The Broker Is the Client, Everything Else Follows

Marian de Guzman, Head of Marketing at Grovy Developers, believes real estate marketing now depends less on noise and more on credibility, broker trust and disciplined communication.

July 08, 2026 | Marian de Guzman | UAE | Real Estate

The Broker Is the Client, Everything Else Follows

Marian de Guzman has spent the past 18 months watching the Dubai property market test the instincts of every marketing team operating in it. As Head of Marketing at Grovy Developers, she has had to make deliberate choices about what to hold onto, what to rebuild, and what to walk away from entirely. Her solutions are less about trends and more about discipline, and they challenge some of the most persistent habits in developer marketing today.

ON GEOPOLITICS AND CAMPAIGN PLANNING

For de Guzman, the turbulence of the past 18 months has fundamentally changed how her team approaches timing and tone. "When there is uncertainty elsewhere, Dubai's stability story becomes our greatest asset; however, it needs to be managed credibly, not opportunistically," she says. The shift has been from aspiration alone to aspiration backed by evidence. "Buyers want assurance that their money will continue to be well protected in a credible jurisdiction. We have delivered this assurance by marrying the emotional portion of the sale with tangible proof: volumes of transactions, regulatory framework, and incentives tied to residency," she adds. Earned media has become central to that effort. "Press and editorial positioning allow us to tell the brand's story with a level of credibility that no amount of paid advertising can produce," she notes.

If we invest in the brokers and communicate respectfully, they will deliver appropriate customers to us

ON THE RESEARCH-DRIVEN BUYER

De Guzman is direct about how the modern buyer has changed the rules of upper funnel marketing. "The modern consumer comes to the table armed with much more information than we give them credit for," she says. Rather than leading with projects, Grovy leads with people, prioritising the Founder and CEO journey and brand legacy before any project conversation.
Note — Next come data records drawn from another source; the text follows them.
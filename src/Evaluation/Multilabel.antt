-- ===== src/Evaluation/Multilabel.antt =====
-- caikit/core/toolkit/quality_evaluation.py: the counts of `multilabel_multiclass_evaluation`.
use caikit.Common.{
  ◌+◌, String, Bool, not, ◌&&◌, Option, none, some, List, [], ◌∷◌, ◌++◌, map, length, filter,
  contains, Eq, all, is_empty, ◌>>=◌, succeeds, if◌then◌else◌, string_eq, nat_eq, ◌==◌,
}
use caikit.Common.Dict
use caikit.Evaluation.Defs.{F1Metrics, no_counts, Matrix}

module _ {A : Type 0} ⦃e : Eq A⦄ where
  -- `set(xs)`: each member once.
  unfoldable pub to_set : List A → List A
  to_set [] = []
  to_set (x ∷ xs) = let rest = to_set xs in if contains x rest then rest else x ∷ rest

  -- `a.intersection(b)`
  unfoldable pub intersection : List A → List A → List A
  intersection a b = filter (λ x. contains x b) a

  -- `a - b`
  unfoldable pub difference : List A → List A → List A
  difference a b = filter (λ x. not (contains x b)) a

  -- `a.union(b)`
  unfoldable pub union : List A → List A → List A
  unfolding to_set
  union a b = to_set (a ++ b)

  -- The three numbers for a set of gold data and a set of predicted data.
  unfoldable pub compare_sets : List A → List A → F1Metrics
  unfolding intersection difference
  compare_sets gold pred = record {
    true_positive = length (intersection gold pred);
    false_positive = length (difference pred gold);
    false_negative = length (difference gold pred);
  }

unfoldable pub add_counts : F1Metrics → F1Metrics → F1Metrics
add_counts c d = record {
  true_positive = c.true_positive + d.true_positive;
  false_positive = c.false_positive + d.false_positive;
  false_negative = c.false_negative + d.false_negative;
}

-- The dictionary entry of a label, made if it is missing, and raised by what an example adds.
unfoldable pub add_label : String → F1Metrics → Matrix → Matrix
unfolding add_counts
add_label label c m = elim (Dict.get m label) [
  | none ↦ Dict.put m label (add_counts no_counts c)
  | some d ↦ Dict.put m label (add_counts d c)
]

-- `per_class_confusion_matrix`, the variables `overall_tp`, `overall_fp` and `overall_fn`, and
-- `use_labels_for_matching`.
pub record Counts : Type 0 where
  pub matrix : Matrix
  pub overall : F1Metrics
  pub use_labels : Bool

-- `find_label` and `label_data` are the functions that find the label of a datum and the data of a
-- label; the first is `none` if every call of it raises `NotImplementedError`.
module _ {T : Type 0} ⦃e : Eq T⦄ (label_data : List T → String → List T) where
  -- The loop over the labels of one example.
  unfoldable pub count_labels : List T → List T → List String → Matrix → Matrix
  unfolding add_label compare_sets to_set
  count_labels gold pred [] m = m
  count_labels gold pred (l ∷ ls) m =
      count_labels gold pred ls
        (add_label l (compare_sets (to_set (label_data gold l)) (to_set (label_data pred l))) m)

  -- `map(find_label_func, ex)`
  unfoldable pub find_labels : Option (T → String) → List T → Option (List String)
  find_labels none [] = some []
  find_labels none (x ∷ xs) = none
  find_labels (some label) xs = some (map label xs)

  -- `all_labels`, and `none` for the `NotImplementedError`.
  unfoldable pub all_labels : Option (T → String) → List T → List T → Option (List String)
  unfolding union to_set find_labels
  all_labels find_label gold pred = do
    g ← find_labels find_label gold
    p ← find_labels find_label pred
    some (union (to_set g) (to_set p))

  -- What the labels are if they are found, none otherwise: no earlier example can have had any.
  abbrev labels_or_none : Option (List String) → List String
  labels_or_none none = []
  labels_or_none (some ls) = ls

  -- One example. An exception ends the matching by labels, without which the overall counts grow.
  unfoldable pub count_multi : Option (T → String) → List T → List T → Counts → Counts
  unfolding count_labels all_labels
  count_multi find_label gold pred c =
      let found = all_labels find_label gold pred in
      let by_labels = c.use_labels && succeeds found in
      record {
        matrix = count_labels gold pred (labels_or_none found) c.matrix;
        overall =
            if by_labels
            then c.overall
            else add_counts c.overall (compare_sets (to_set gold) (to_set pred));
        use_labels = by_labels;
      }

  -- The loop over the examples.
  unfoldable pub count_multis : Option (T → String) → List (List T × List T) → Counts → Counts
  unfolding count_multi
  count_multis find_label [] c = c
  count_multis find_label ((gold, pred) ∷ rest) c =
      count_multis find_label rest (count_multi find_label gold pred c)

  unfoldable pub zip_examples : List (List T) → List (List T) → List (List T × List T)
  zip_examples (g ∷ gold) (p ∷ pred) = (g, p) ∷ zip_examples gold pred
  zip_examples _ _ = []

  -- The filter by `labels`: an empty list counts as none, and `none` is the `NotImplementedError`.
  unfoldable pub restrict :
      Option (List String) → Option (T → String) → List (List T) → Option (List (List T))
  restrict none find_label exs = some exs
  restrict (some []) find_label exs = some exs
  restrict (some (l ∷ ls)) none exs = if all is_empty exs then some exs else none
  restrict (some (l ∷ ls)) (some label) exs =
      some (map (filter (λ x. contains (label x) (l ∷ ls))) exs)

  -- The counts of `multilabel_multiclass_evaluation`; `none` is the `AssertionError` on the lengths or
  -- the `NotImplementedError`.
  unfoldable pub multilabel_counts :
      Option (T → String)
      → Option (List String)
      → Bool
      → List (List T)
      → List (List T)
      → Option Counts
  unfolding count_multis restrict zip_examples
  multilabel_counts find_label labels use_labels gold pred =
      if not (length gold == length pred) then none else do
        gold' ← restrict labels find_label gold
        pred' ← restrict labels find_label pred
        some (
            count_multis find_label (zip_examples gold' pred')
              (record { matrix = []; overall = no_counts; use_labels = use_labels }))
Longer-form editorial, industry commentary, and thought leadership placements have, in her view, built more authority than any marketing material could match.

ON WHAT NO LONGER WORKS

De Guzman is unsparing about tactics that have lost their relevance. "The use of generic hurry methods, such as countdown timers, fake scarcity language and blanket 'last units' messages, has become irrelevant to today's buyers," she says. Her sharpest observation is reserved for the broker relationship. "Our most important clients are our channel partners," she notes. "If we invest in the brokers and communicate constantly and respectfully, they will deliver appropriate customers to us. Pursuing end-user customers through excessive digital noise while failing to leverage the intermediary network are some of the most expensive and persistent errors in our segment," she concludes.

The views expressed in this column are solely those of the author and do not necessarily represent the editorial position of Real Estate Market Times.